Nvidia announced a third-generation artificial intelligence (AI) system on Thursday with 5 petaflops of compute power that is initially being used by Argonne National Lab to study the spread of the COVID-19 virus and to explore treatments and vaccines.
The performance of the new DGX A100 systems will help researchers at Argonne do “years’ worth of AI accelerated work in months or days,” said Rick Stevens, associate lab director for computing at Argonne, in a statement. The first DGX A100s were delivered to Argonne in early May.
Also, the University of Florida will receive DGX A100 systems to use across its entire curriculum, according to a statement from university president Kent Fuchs. Other early adopters include the Center for Biomedical AI in Germany, Chulalongkorn University in Thailand, Element AI in Montreal and several others.
Nvidia said there are already thousands of previous generation DGX systems in use around the globe that are used for autonomic vehicle AI, natural speech research and recommendation AI that is used by retailers and online search engines.
The DGX A100 has eight A100 Tensor Core GPUs that provide 5 petaflops of power with 320 GB in total GPU memory running at 12.4 Terabytes per second in bandwidth.
There are also six Nvidia NVSwitch interconnect fabrics and nine Nvidia Mellanox ConnectX-6 network interfaces for a total of 3.6 terabytes per second of bandwidth. Nvidia completed the purchase of Mellanox in April for $7 billion. Nvidia uses the Mellanox in-network acceleration engines for high performance in the DGX A100 as well.
Nvidia also provides the software for AI and data science workloads.
On a briefing with reporters, CEO Jensen Huang noted that the DGX is the first system to provide all the elements of machine learning, from data analytics to training to inference work. Many small workloads can be accelerated by partitioning the DGX A100 into as many as 56 computing instances to allow enterprises and researchers to conduct different AI functions on demand for diverse workloads.
Huang said the entire system starts at $199,000, noting that Dell Technologies, IBM and three other storage providers plan to integrate the DGX A100 into their products.
Huang illustrated how a single rack of DGX A100 systems costing $1 million could replace an entire data center doing AI training and inference costing $11 million, or less than 10% of the cost. The DGX A100s would also use just 4% of the space of the data center and just 5% of the electricity.

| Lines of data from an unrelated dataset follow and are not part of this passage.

-- ===== src/Session/Steps.antt =====
-- A session with everything that can happen to it, one step each: the binder calls, the camera's
-- frames, the detached threads and the callback thread.
use android_vendor_extra_fac.Common.{ℕ, Bool, List, [], ◌∷◌, Option, ℤ}
use android_vendor_extra_fac.Engine.{Frame, EngineLibrary}
use android_vendor_extra_fac.Camera.{CameraBackend}
use android_vendor_extra_fac.Session.State.{System, Feature, OperationContext, deliver}
use android_vendor_extra_fac.Session.Calls.{
  cancel, enroll, authenticate, authenticate_with_context, detect_interaction, generate_challenge,
  revoke_challenge, enumerate_enrollments, remove_enrollments, get_features, set_feature,
  get_authenticator_id, reset_lockout, close, destroy,
}
use android_vendor_extra_fac.Session.Context.{on_context_changed}
use android_vendor_extra_fac.Session.Frames.{on_camera_frame, work}

pub data Event : Type 0 where
  enrolls cancels detects closes destroys : Event
  authenticates : ℕ → ℕ → Event
  authenticates_with : ℕ → OperationContext → ℕ → Event
  changes_context : OperationContext → ℕ → Event
  generates_challenge : Option ℕ → Event
  revokes_challenge : ℕ → Event
  enumerates gets_features gets_authenticator_id resets_lockout : Event
  removes : List ℤ → Event
  sets_feature : Feature → Bool → Event
  frame : Frame → Event
  works : ℕ → Event
  delivers : Event

module _ {lib : EngineLibrary} {cam : CameraBackend} (shrink : cam.State → Frame → Frame) where
  unfoldable pub step : Event → System lib cam → System lib cam
  step enrolls s = enroll s
  step cancels s = cancel s
  step detects s = detect_interaction s
  step closes s = close s
  step destroys s = destroy s
  step (authenticates id now) s = authenticate id now s
  step (authenticates_with id context now) s = authenticate_with_context id context now s
  step (changes_context context now) s = on_context_changed context now s
  step (generates_challenge random) s = generate_challenge random s
  step (revokes_challenge challenge) s = revoke_challenge challenge s
  step enumerates s = enumerate_enrollments s
  step gets_features s = get_features s
  step gets_authenticator_id s = get_authenticator_id s
  step resets_lockout s = reset_lockout s
  step (removes ids) s = remove_enrollments ids s
  step (sets_feature feature enabled) s = set_feature feature enabled s
  step (frame f) s = (on_camera_frame shrink f s).1
  step (works i) s = work i s
  step delivers s = record s {
    session = record s.session { callbacks = deliver s.session.callbacks };
  }

  unfoldable pub run : List Event → System lib cam → System lib cam
  run [] s = s
  run (e ∷ es) s = run es (step e s)
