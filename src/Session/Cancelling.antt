-- ===== src/Session/Cancelling.antt =====
-- What `cancel` guarantees to the calls, the frames and the threads that come behind it.
use android_vendor_extra_fac.Common.{
  ℕ, ◌≡◌, refl, ◌∙◌, Bool, true, false, List, [], ◌∷◌, arith, ℤ, pos, negsuc, inl, inr, All,
  get_elem?, Option-cases,
}
use android_vendor_extra_fac.Engine.{
  Frame, FaceEngine, EngineLibrary, EngineLaws, set_session_frame_callback,
}
use android_vendor_extra_fac.Camera.{CameraBackend}
use android_vendor_extra_fac.Session.State.{
  System, Worker, spawned, authenticated, analysed, enrolled, Feature, OperationContext, push,
  on_error, Error, on_authentication_succeeded,
}
use android_vendor_extra_fac.Session.Calls.{
  is_active, cancel, delete_all, generate_challenge, revoke_challenge, enumerate_enrollments,
  remove_enrollments, get_features, set_feature, get_authenticator_id, reset_lockout, close,
  destroy,
}
use android_vendor_extra_fac.Session.Context.{change_display, on_context_changed}
use android_vendor_extra_fac.Session.Frames.{
  on_camera_frame, token, call_engine, report, advance, work,
}
use android_vendor_extra_fac.Session.Steps.{
  Event, enrolls, cancels, detects, closes, destroys, authenticates, authenticates_with,
  changes_context, generates_challenge, revokes_challenge, enumerates, gets_features,
  gets_authenticator_id, resets_lockout, removes, sets_feature, frame, works, delivers, step, run,
}

-- The calls that start an operation.
abbrev pub starts : Event → Bool
starts enrolls = true
starts detects = true
starts (authenticates id now) = true
starts (authenticates_with id context now) = true
starts _ = false

module _ {lib : EngineLibrary} {cam : CameraBackend} where
  -- No operation runs, and the engine refuses frames.
  abbrev pub Idle : System lib cam → Type 0
  Idle s = (is_active s.session ≡ false) × (s.engine.cancelled ≡ true)

delete_all-cancelled :
    {lib : EngineLibrary} (laws : EngineLaws lib) (user : ℤ) (ids : List ℤ)
    (e : FaceEngine lib.Impl)
    → (delete_all lib user ids e).cancelled ≡ e.cancelled
unfolding delete_all
delete_all-cancelled laws user [] e = refl
delete_all-cancelled {lib} laws user (id ∷ ids) e =
    delete_all-cancelled laws user ids (lib.delete_enrollment user id e).1
    ∙ laws.delete_enrollment-cancelled user id e

module _ {lib : EngineLibrary} {cam : CameraBackend} (laws : EngineLaws lib) where
  cancel-Idle : (s : System lib cam) → Idle (cancel s)
  unfolding cancel is_active
  cancel-Idle s = (ground arith, laws.cancel_all-cancelled _)

  change_display-Idle :
      (context : OperationContext) (s : System lib cam) → Idle s → Idle (change_display context s)
  unfolding change_display is_active
  change_display-Idle context s h = grind (arith, cancel-Idle)

  on_context_changed-Idle :
      (context : OperationContext) (now : ℕ) (s : System lib cam)
      → Idle s
      → Idle (on_context_changed context now s)
  unfolding on_context_changed is_active
  on_context_changed-Idle context now s h = grind (arith, cancel-Idle, change_display-Idle)

  call_engine-Idle : (f : Frame) (s : System lib cam) → Idle s → Idle (call_engine f s).1
  unfolding call_engine is_active
  call_engine-Idle f s h = ground arith

  report-Idle : (w : Worker) (s : System lib cam) → Idle s → Idle (report w s)
  unfolding report is_active
  report-Idle (spawned f) s h = h
  report-Idle (authenticated res face) s h = ground arith
  report-Idle (analysed res) s h = ground arith
  report-Idle (enrolled res face remaining) s h = ground arith

  advance-Idle : (i : ℕ) (w : Worker) (s : System lib cam) → Idle s → Idle (advance i w s)
  unfolding advance is_active
  advance-Idle i (spawned f) s h = call_engine-Idle f s h
  advance-Idle i (authenticated res face) s h = report-Idle (authenticated res face) s h
  advance-Idle i (analysed res) s h = report-Idle (analysed res) s h
  advance-Idle i (enrolled res face remaining) s h = report-Idle (enrolled res face remaining) s h

  work-Idle : (i : ℕ) (s : System lib cam) → Idle s → Idle (work i s)
  unfolding work
  work-Idle i s h = elim (Option-cases (get_elem? s.workers i)) [
    | inl e ↦ rw (e, work) h
    | inr (w, e) ↦ rw (e, work) (advance-Idle i w s h)
  ]

  step-Idle :
      (shrink : cam.State → Frame → Frame) (e : Event) (s : System lib cam)
      → starts e ≡ false
      → Idle s
      → Idle (step shrink e s)
  unfolding step is_active
  step-Idle shrink enrolls s q h = cc
  step-Idle shrink detects s q h = cc
  step-Idle shrink (authenticates id now) s q h = cc
  step-Idle shrink (authenticates_with id context now) s q h = cc
  step-Idle shrink cancels s q h = cancel-Idle s
  step-Idle shrink closes s q h = unfold close in cancel-Idle s
  step-Idle shrink destroys s q h =
      unfold destroy in
      cancel-Idle (record s { engine = set_session_frame_callback false s.engine })
  step-Idle shrink (changes_context context now) s q h = on_context_changed-Idle context now s h
  step-Idle shrink (generates_challenge random) s q h = unfold generate_challenge in ground arith
  step-Idle shrink (revokes_challenge challenge) s q h = unfold revoke_challenge in ground arith
  step-Idle shrink enumerates s q h = unfold enumerate_enrollments in h
  step-Idle shrink gets_features s q h = unfold get_features in h
  step-Idle shrink gets_authenticator_id s q h = unfold get_authenticator_id in h
  step-Idle shrink resets_lockout s q h = unfold reset_lockout in h
  step-Idle shrink (removes ids) s q h =
      unfold remove_enrollments in
      (h.0, delete_all-cancelled laws s.session.user_id ids s.engine ∙ h.1)
  step-Idle shrink (sets_feature Feature.require_attention enabled) s q h =
      unfold set_feature in ground arith
  step-Idle shrink (sets_feature Feature.require_diverse_poses enabled) s q h =
      unfold set_feature in ground arith
  step-Idle shrink (sets_feature (Feature.other n) enabled) s q h =
      unfold set_feature in ground arith
  step-Idle shrink (frame f) s q h = unfold on_camera_frame in ground arith
  step-Idle shrink (works i) s q h = work-Idle i s h
  step-Idle shrink delivers s q h = h

  run-Idle :
      (shrink : cam.State → Frame → Frame) (es : List Event) (s : System lib cam)
      → All (λ e. starts e ≡ false) es
      → Idle s
      → Idle (run shrink es s)
  unfolding run
  run-Idle shrink [] s q h = h
  run-Idle shrink (e ∷ es) s (p, q) h =
      run-Idle shrink es (step shrink e s) q (step-Idle shrink e s p h)

  -- Behind a `cancel`, whatever comes but a call that starts an operation, no operation runs and a
  -- frame is refused with -1 and changes nothing.
  pub cancel_lasts :
      (shrink : cam.State → Frame → Frame) (es : List Event) (f : Frame) (s : System lib cam)
      → All (λ e. starts e ≡ false) es
      → (is_active (run shrink es (cancel s)).session ≡ false)
        × (on_camera_frame shrink f (run shrink es (cancel s))
            ≡ (negsuc 0, run shrink es (cancel s)))
  unfolding on_camera_frame
  cancel_lasts shrink es f s q =
      let (inactive, off) = run-Idle shrink es (cancel s) q (cancel-Idle s) in (inactive, simp off)

module _ {lib : EngineLibrary} {cam : CameraBackend} where
  -- A thread that has its answer from the engine when `cancel` comes reports a success behind the
  -- cancellation, as it reads `isCancelled` only before it asks.
  pub report_success-cancel :
      (face : ℤ) (s : System lib cam)
      → is_active s.session ≡ true
      → (report (authenticated (pos 0) face) (cancel s)).session.callbacks
        ≡ push
            (on_authentication_succeeded face (token s.session))
            (push (on_error Error.canceled (pos 0)) s.session.callbacks)
  unfolding report cancel
  report_success-cancel face s h = simp h
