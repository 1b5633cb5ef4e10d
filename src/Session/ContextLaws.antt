-- ===== src/Session/ContextLaws.antt =====
-- What a change of context does to the operations of a session.
use android_vendor_extra_fac.Common.{ℕ, ◌≡◌, ◌∙◌, true, false, ◌⊎◌, arith, not, ◌&&◌}
use android_vendor_extra_fac.Engine.{EngineLibrary}
use android_vendor_extra_fac.Camera.{CameraBackend}
use android_vendor_extra_fac.Session.State.{Session, System, DisplayState, OperationContext}
use android_vendor_extra_fac.Session.Calls.{is_active, cancel}
use android_vendor_extra_fac.Session.Context.{
  is_unknown, is_prompt, is_keyguard, is_lockscreen, is_off, take_reason, prompt_gone,
  change_display, take_display, display_off, correct_reason, lockscreen_gone, on_context_changed,
}

-- Behind the assignment of a reason that is named, no prompt is gone.
prompt_named :
    (context : OperationContext) (s : Session)
    → is_unknown context.reason ≡ false
    → prompt_gone context (take_reason context s) ≡ false
unfolding prompt_gone take_reason
prompt_named context s named = ground arith

take_reason_keeps :
    (context : OperationContext) (s : Session)
    → let t = take_reason context s in
      (t.is_authenticating ≡ s.is_authenticating)
      × (t.is_enrolling ≡ s.is_enrolling)
      × (t.is_detecting_interaction ≡ s.is_detecting_interaction)
      × (t.callbacks ≡ s.callbacks)
unfolding take_reason
take_reason_keeps context s = ground arith

lockscreen_not_off : (d : DisplayState) → is_lockscreen d ≡ true → is_off d ≡ false
lockscreen_not_off d h = ground arith

module _ {lib : EngineLibrary} {cam : CameraBackend} where
  change_display_shown :
      (context : OperationContext) (s : System lib cam)
      → is_lockscreen context.display_state ≡ true
      → let t = change_display context s in
        (t.session.is_authenticating ≡ s.session.is_authenticating)
        × (t.session.is_enrolling ≡ s.session.is_enrolling)
        × (t.session.is_detecting_interaction ≡ s.session.is_detecting_interaction)
        × (t.session.callbacks ≡ s.session.callbacks)
        × (t.engine ≡ s.engine)
        × (t.camera ≡ s.camera)
  unfolding change_display take_display display_off correct_reason lockscreen_gone
  change_display_shown context s shown =
      let lit = lockscreen_not_off context.display_state shown in ground arith

  -- A context that names a reason, whichever, and shows the lock screen stops nothing, however long ago
  -- the authentication began and whether or not a prompt asked for it: what runs goes on, nothing is
  -- posted, and the engine and the camera are left alone.
  pub on_context_changed_reason :
      (context : OperationContext) (now : ℕ) (s : System lib cam)
      → is_unknown context.reason ≡ false
      → is_lockscreen context.display_state ≡ true
      → let t = on_context_changed context now s in
        (t.session.is_authenticating ≡ s.session.is_authenticating)
        × (t.session.is_enrolling ≡ s.session.is_enrolling)
        × (t.session.is_detecting_interaction ≡ s.session.is_detecting_interaction)
        × (t.session.callbacks ≡ s.session.callbacks)
        × (t.engine ≡ s.engine)
        × (t.camera ≡ s.camera)
  unfolding on_context_changed
  on_context_changed_reason context now s named shown =
      let s1 = record s { session = take_reason context s.session } in
      let (p, q, r, posted) = take_reason_keeps context s.session in
      let (p1, q1, r1, posted1, engine, camera) = change_display_shown context s1 shown in
      rw (prompt_named context s.session named)
        (p1 ∙ p, q1 ∙ q, r1 ∙ r, posted1 ∙ posted, engine, camera)

  -- Nothing runs, or what runs may run with this context.
  abbrev pub Allowed : OperationContext → System lib cam → Type 0
  Allowed context s =
      (is_active s.session ≡ false)
      ⊎ (((is_off context.display_state && not (is_prompt s.session.current_operation_reason))
            ≡ false)
          × ((s.session.is_authenticating
                && is_keyguard s.session.current_operation_reason
                && not (is_lockscreen context.display_state))
              ≡ false))

  cancel_inactive : (s : System lib cam) → is_active (cancel s).session ≡ false
  unfolding cancel is_active
  cancel_inactive s = ground arith

  change_display-Allowed :
      (context : OperationContext) (s : System lib cam) → Allowed context (change_display context s)
  unfolding change_display
  change_display-Allowed context s = grind (arith, cancel_inactive)

  -- Behind a change of context nothing runs, or the screen is not off under an operation that no
  -- prompt asked for, and no authentication that the keyguard asked for runs off the lock screen.
  pub on_context_changed-Allowed :
      (context : OperationContext) (now : ℕ) (s : System lib cam)
      → Allowed context (on_context_changed context now s)
  unfolding on_context_changed
  on_context_changed-Allowed context now s = grind (arith, cancel_inactive, change_display-Allowed)
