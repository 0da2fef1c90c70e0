-- ===== src/Names/Examples.antt =====
-- The theorems on names at two small ones.
use server_entry.Prelude.{◌+◌, ◌<◌, ◌≤◌, ◌⊎◌, get_elem?}
use server_entry.Prelude.{ℕ, length, ◌≡◌, refl, true, List, [], ◌∷◌, ◌++◌}
use server_entry.Strings.{ok}
use server_entry.Names.{insert}
use server_entry.Names.Context
use server_entry.Names.Entry
use server_entry.Names.Stored.{
  resolved, context_name_read, entry_name_read, part_lem, resolve_name-resolve_name,
}

abbrev held : List ℕ
held = b'a' ∷ b'b' ∷ []

abbrev name : List ℕ
name = b'x' ∷ b'y' ∷ b'z' ∷ []

context_stores : (Context.store_name true name held).1 ≡ ok
unfolding Context.store_name insert
context_stores = refl

context_name_read_example :
    Context.resolve_name
      (Context.store_name true name held).2
      ((Context.store_name true name held).0 ++ held)
    ≡ resolved name
context_name_read_example = context_name_read true name held held context_stores

entry_stores : (Entry.store_name true name held).1 ≡ ok
unfolding Entry.store_name insert
entry_stores = refl

entry_name_read_example :
    Entry.resolve_name
      (Entry.store_name true name held).2
      ((Entry.store_name true name held).0 ++ held)
    ≡ resolved name
entry_name_read_example = entry_name_read true name held held entry_stores

resolve_name-resolve_name_example :
    Context.resolve_name (record { offset = 1; length = 1 }) held
    ≡ Entry.resolve_name (record { offset = 1; length = 1 }) held
resolve_name-resolve_name_example =
    resolve_name-resolve_name (record { offset = 1; length = 1 }) held

part_lem_example :
    ((1 + 1 ≤ 2)
      × (length (Context.part 1 1 held) ≡ 1)
      × ((i : ℕ) → i < 1 → get_elem? (Context.part 1 1 held) i ≡ get_elem? held (1 + i)))
    ⊎ ((2 < 1 + 1) × (Context.part 1 1 held ≡ []))
part_lem_example = part_lem 1 1 held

“This is unquestionably the first time that the unified workload of an entire data center has been brought into one rack for video analytics, voice, and data processing,” Huang said. “The amount of savings is actually off the charts.”
At the University of Florida, the arrival of DGX A100 happens as the university implements a plan to advance AI, research and teaching. UF plans to hire 100 faculty specifically focused on AI in addition to 500 new faculty hired across disciplines, many who will them integrate the AI into their teaching and research, the university said in a statement.
UF is already conducting AI research into areas such as the Intelligent ICU, which relies on video and image analysis of intensive care patients to recognize pain and sleep disruption. The university is also using AI to enable drug design for the COVID-19 virus and has research into an adaptive personalized online education system.